Germs From the Iraq War
By: Chris Holbrook
Volunteer Editor

A so-called "supergerm" is starting to appear in prison hospitals. The pathogen is resistant to conventional antibiotics and disinfectants. It's a bacteria called Acinetobacter. It's coming from Iraq.

Military personnel, especially those with grave wounds (and there have been almost 15,000 of them) are bringing the often fatal germs back to America and to our hospitals. It's unclear if the pathogen is a unique strain of Acinetobacter living in Iraqi soil or if it may originate from the old hospitals where the wounded are first treated. What is clear is that the germ is "developing very, very quickly," according to the US Centers for Disease Control. Of course, the Christian crazies and conservatives behind the war don't believe in evolution. Nonetheless, their sons and daughters are dying from the evolved bacteria.

Unlike earlier wars, most of wounded Americans, about 90% of them, survive their wounds. Iraqi victims of America's invasion aren't so fortunate. About half a million innocent Iraqis civilians have died. One result of the high American survival rate is that thousands of military persons are returning home with horrible, grievous wounds. Most of the wounded will be crippled for the rest of their lives.

Most if not all of these wounded persons (soldiers and mercenaries alike) are infected with very dangerous strains of Acinetobacter. They spread the bacteria as they travel from hospital to hospital and eventually home to unsuspecting wives and children. As a result, deadly varieties of the germ have been spread and are being spread through American military and civilian healthcare facilities and even to the civilian population. Military nurses call it "Iraqibacter."

Greatly adding to the crisis is the fact that not just the wounded are infected. Almost all the veterans returning from the war are carrying the germs. Many persons have already died. The Bush administration has been hiding the problem since soon after they started the war. Many, many of the veterans will end up in prisons and mental institutions. Thousands will be driven mad and/or addicted to drugs and alcohol. Almost as many will bring the war home with them. They will be killing and committing crimes on American streets. They will (and they already are) carrying the germs into the institutions with them.

The germ is very hard to kill.
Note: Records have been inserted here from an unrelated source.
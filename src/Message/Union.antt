-- ===== src/Message/Union.antt =====
-- `Message` of moq-transport/src/message/mod.rs: a control message with its type and length.
pub mod Format
pub mod Encoding
pub mod Decoding
pub mod Safety
pub mod Fragment
use linode_moq.Prelude.{ℕ, ◌==◌, if◌then◌else◌}
use linode_moq.Coding.Outcome.{DecodeError, EncodeError, Outcome, ok, err, panic}
use linode_moq.Coding.Buffer.{Buf, BufMut, VecBuf}
use linode_moq.Coding.Decoder.{Decoder, pure, fail, ◌>>=◌}
use linode_moq.Coding.Encoder.{Encoder, abort, ◌>>◌}
use linode_moq.Coding.Framed.{framed_bytes}
use linode_moq.Coding.Varint.{u64_encode, u64_decode}
use linode_moq.Message.SubscribeUpdate.{
  SubscribeUpdate, subscribe_update_encode, subscribe_update_decode,
}
use linode_moq.Message.Subscribe.{Subscribe, subscribe_encode, subscribe_decode}
use linode_moq.Message.Unsubscribe.{Unsubscribe, unsubscribe_encode, unsubscribe_decode}
use linode_moq.Message.SubscribeOk.{SubscribeOk, subscribe_ok_encode, subscribe_ok_decode}
use linode_moq.Message.SubscribeError.{
  SubscribeError, subscribe_error_encode, subscribe_error_decode,
}
use linode_moq.Message.SubscribeDone.{SubscribeDone, subscribe_done_encode, subscribe_done_decode}
use linode_moq.Message.MaxSubscribeId.{
  MaxSubscribeId, max_subscribe_id_encode, max_subscribe_id_decode,
}
use linode_moq.Message.Announce.{Announce, announce_encode, announce_decode}
use linode_moq.Message.Unannounce.{Unannounce, unannounce_encode, unannounce_decode}
use linode_moq.Message.AnnounceOk.{AnnounceOk, announce_ok_encode, announce_ok_decode}
use linode_moq.Message.AnnounceError.{AnnounceError, announce_error_encode, announce_error_decode}
use linode_moq.Message.AnnounceCancel.{
  AnnounceCancel, announce_cancel_encode, announce_cancel_decode,
}
use linode_moq.Message.TrackStatusRequest.{
  TrackStatusRequest, track_status_request_encode, track_status_request_decode,
}
use linode_moq.Message.TrackStatus.{TrackStatus, track_status_encode, track_status_decode}
use linode_moq.Message.GoAway.{GoAway, go_away_encode, go_away_decode}
use linode_moq.Message.SubscribeNamespace.{
  SubscribeNamespace, subscribe_namespace_encode, subscribe_namespace_decode,
}
use linode_moq.Message.SubscribeNamespaceOk.{
  SubscribeNamespaceOk, subscribe_namespace_ok_encode, subscribe_namespace_ok_decode,
}
use linode_moq.Message.SubscribeNamespaceError.{
  SubscribeNamespaceError, subscribe_namespace_error_encode, subscribe_namespace_error_decode,
}
use linode_moq.Message.UnsubscribeNamespace.{
  UnsubscribeNamespace, unsubscribe_namespace_encode, unsubscribe_namespace_decode,
}
use linode_moq.Message.Fetch.{Fetch, fetch_encode, fetch_decode}
use linode_moq.Message.FetchCancel.{FetchCancel, fetch_cancel_encode, fetch_cancel_decode}
use linode_moq.Message.FetchOk.{FetchOk, fetch_ok_encode, fetch_ok_decode}
use linode_moq.Message.FetchError.{FetchError, fetch_error_encode, fetch_error_decode}

pub data Message : Type 0 where
  subscribe_update : SubscribeUpdate → Message
  subscribe : Subscribe → Message
  unsubscribe : Unsubscribe → Message
  subscribe_ok : SubscribeOk → Message
  subscribe_error : SubscribeError → Message
  subscribe_done : SubscribeDone → Message
  max_subscribe_id : MaxSubscribeId → Message
  announce : Announce → Message
  unannounce : Unannounce → Message
  announce_ok : AnnounceOk → Message
  announce_error : AnnounceError → Message
  announce_cancel : AnnounceCancel → Message
  track_status_request : TrackStatusRequest → Message
  track_status : TrackStatus → Message
  go_away : GoAway → Message
  subscribe_namespace : SubscribeNamespace → Message
  subscribe_namespace_ok : SubscribeNamespaceOk → Message
  subscribe_namespace_error : SubscribeNamespaceError → Message
  unsubscribe_namespace : UnsubscribeNamespace → Message
  fetch : Fetch → Message
  fetch_cancel : FetchCancel → Message
  fetch_ok : FetchOk → Message
  fetch_error : FetchError → Message

-- `Message::id`
unfoldable pub message_id : Message → ℕ
message_id (subscribe_update m) = 0x2
message_id (subscribe m) = 0x3
message_id (unsubscribe m) = 0xa
message_id (subscribe_ok m) = 0x4
message_id (subscribe_error m) = 0x5
message_id (subscribe_done m) = 0xb
message_id (max_subscribe_id m) = 0x15
message_id (announce m) = 0x6
message_id (unannounce m) = 0x9
message_id (announce_ok m) = 0x7
message_id (announce_error m) = 0x8
message_id (announce_cancel m) = 0xc
message_id (track_status_request m) = 0xd
message_id (track_status m) = 0xe
message_id (go_away m) = 0x10
message_id (subscribe_namespace m) = 0x11
message_id (subscribe_namespace_ok m) = 0x12
message_id (subscribe_namespace_error m) = 0x13
message_id (unsubscribe_namespace m) = 0x14
message_id (fetch m) = 0x16
message_id (fetch_cancel m) = 0x17
message_id (fetch_ok m) = 0x18
message_id (fetch_error m) = 0x19

-- `m.encode`, in the arm of each type.
unfoldable pub body_encode : {W : Type 0} ⦃c : BufMut W⦄ → Message → Encoder W
body_encode (subscribe_update m) = subscribe_update_encode m
body_encode (subscribe m) = subscribe_encode m
body_encode (unsubscribe m) = unsubscribe_encode m
body_encode (subscribe_ok m) = subscribe_ok_encode m
body_encode (subscribe_error m) = subscribe_error_encode m
body_encode (subscribe_done m) = subscribe_done_encode m
body_encode (max_subscribe_id m) = max_subscribe_id_encode m
body_encode (announce m) = announce_encode m
body_encode (unannounce m) = unannounce_encode m
body_encode (announce_ok m) = announce_ok_encode m
body_encode (announce_error m) = announce_error_encode m
body_encode (announce_cancel m) = announce_cancel_encode m
body_encode (track_status_request m) = track_status_request_encode m
body_encode (track_status m) = track_status_encode m
body_encode (go_away m) = go_away_encode m
body_encode (subscribe_namespace m) = subscribe_namespace_encode m
body_encode (subscribe_namespace_ok m) = subscribe_namespace_ok_encode m
body_encode (subscribe_namespace_error m) = subscribe_namespace_error_encode m
body_encode (unsubscribe_namespace m) = unsubscribe_namespace_encode m
body_encode (fetch m) = fetch_encode m
body_encode (fetch_cancel m) = fetch_cancel_encode m
body_encode (fetch_ok m) = fetch_ok_encode m
body_encode (fetch_error m) = fetch_error_encode m

module _ {V W : Type 0} ⦃c : BufMut W⦄ (v : VecBuf V) where
  -- `m.encode(&mut buf).unwrap()`, and what follows it.
  framed : Outcome EncodeError V → Encoder W
  framed (ok buf) = framed_bytes (v.buf_mut.written buf)
  framed (err e) = abort
  framed panic = abort

  unfoldable pub message_encode : Message → Encoder W
  unfolding framed
  message_encode m = do u64_encode (message_id m); framed (body_encode ⦃c = v.buf_mut⦄ m v.new)

module _ {R : Type 0} ⦃b : Buf R⦄ where
  -- The match on the type.
  unfoldable pub body_decode : ℕ → Decoder R Message
  body_decode t =
      if t == 0x2
      then (do m ← subscribe_update_decode; pure (subscribe_update m))
      else if t == 0x3
      then (do m ← subscribe_decode; pure (subscribe m))
      else if t == 0xa
      then (do m ← unsubscribe_decode; pure (unsubscribe m))
      else if t == 0x4
      then (do m ← subscribe_ok_decode; pure (subscribe_ok m))
      else if t == 0x5
      then (do m ← subscribe_error_decode; pure (subscribe_error m))
      else if t == 0xb
      then (do m ← subscribe_done_decode; pure (subscribe_done m))
      else if t == 0x15
      then (do m ← max_subscribe_id_decode; pure (max_subscribe_id m))
      else if t == 0x6
      then (do m ← announce_decode; pure (announce m))
      else if t == 0x9
      then (do m ← unannounce_decode; pure (unannounce m))
      else if t == 0x7
      then (do m ← announce_ok_decode; pure (announce_ok m))
      else if t == 0x8
      then (do m ← announce_error_decode; pure (announce_error m))
      else if t == 0xc
      then (do m ← announce_cancel_decode; pure (announce_cancel m))
      else if t == 0xd
      then (do m ← track_status_request_decode; pure (track_status_request m))
      else if t == 0xe
      then (do m ← track_status_decode; pure (track_status m))
      else if t == 0x10
      then (do m ← go_away_decode; pure (go_away m))
      else if t == 0x11
      then (do m ← subscribe_namespace_decode; pure (subscribe_namespace m))
      else if t == 0x12
      then (do m ← subscribe_namespace_ok_decode; pure (subscribe_namespace_ok m))
      else if t == 0x13
      then (do m ← subscribe_namespace_error_decode; pure (subscribe_namespace_error m))
      else if t == 0x14
      then (do m ← unsubscribe_namespace_decode; pure (unsubscribe_namespace m))
      else if t == 0x16
      then (do m ← fetch_decode; pure (fetch m))
      else if t == 0x17
      then (do m ← fetch_cancel_decode; pure (fetch_cancel m))
      else if t == 0x18
      then (do m ← fetch_ok_decode; pure (fetch_ok m))
      else if t == 0x19
      then (do m ← fetch_error_decode; pure (fetch_error m))
      else fail (DecodeError.invalid_message t)

  -- The length is read and not looked at.
  unfoldable pub message_decode : Decoder R Message
  message_decode = do t ← u64_decode; _ ← u64_decode; body_decode t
In hospitals it's said to "survive for weeks on a stethoscope, a blood-pressure cuff, a mattress, or a computer keyboard." It can even survive in the containers of disinfectant used in the effort to kill it!

America needs to get out of Iraq as soon as possible, but it may already be too late to prevent a new and potentially deadly disease-causing agent from infecting American civilians. Most varieties of Acinetobacter are not very dangerous. They are opportunistic and mild. Those blown into wounds by explosions in Iraq are much more worrisome. Soldiers, the thousands of American mercenaries (nowadays called "contractors") and their families should be aware of the very real risk. Prison hospitals and mental wards must take prompt precautions. Veterans of the Iraq war are contagious and dangerous in more ways than one.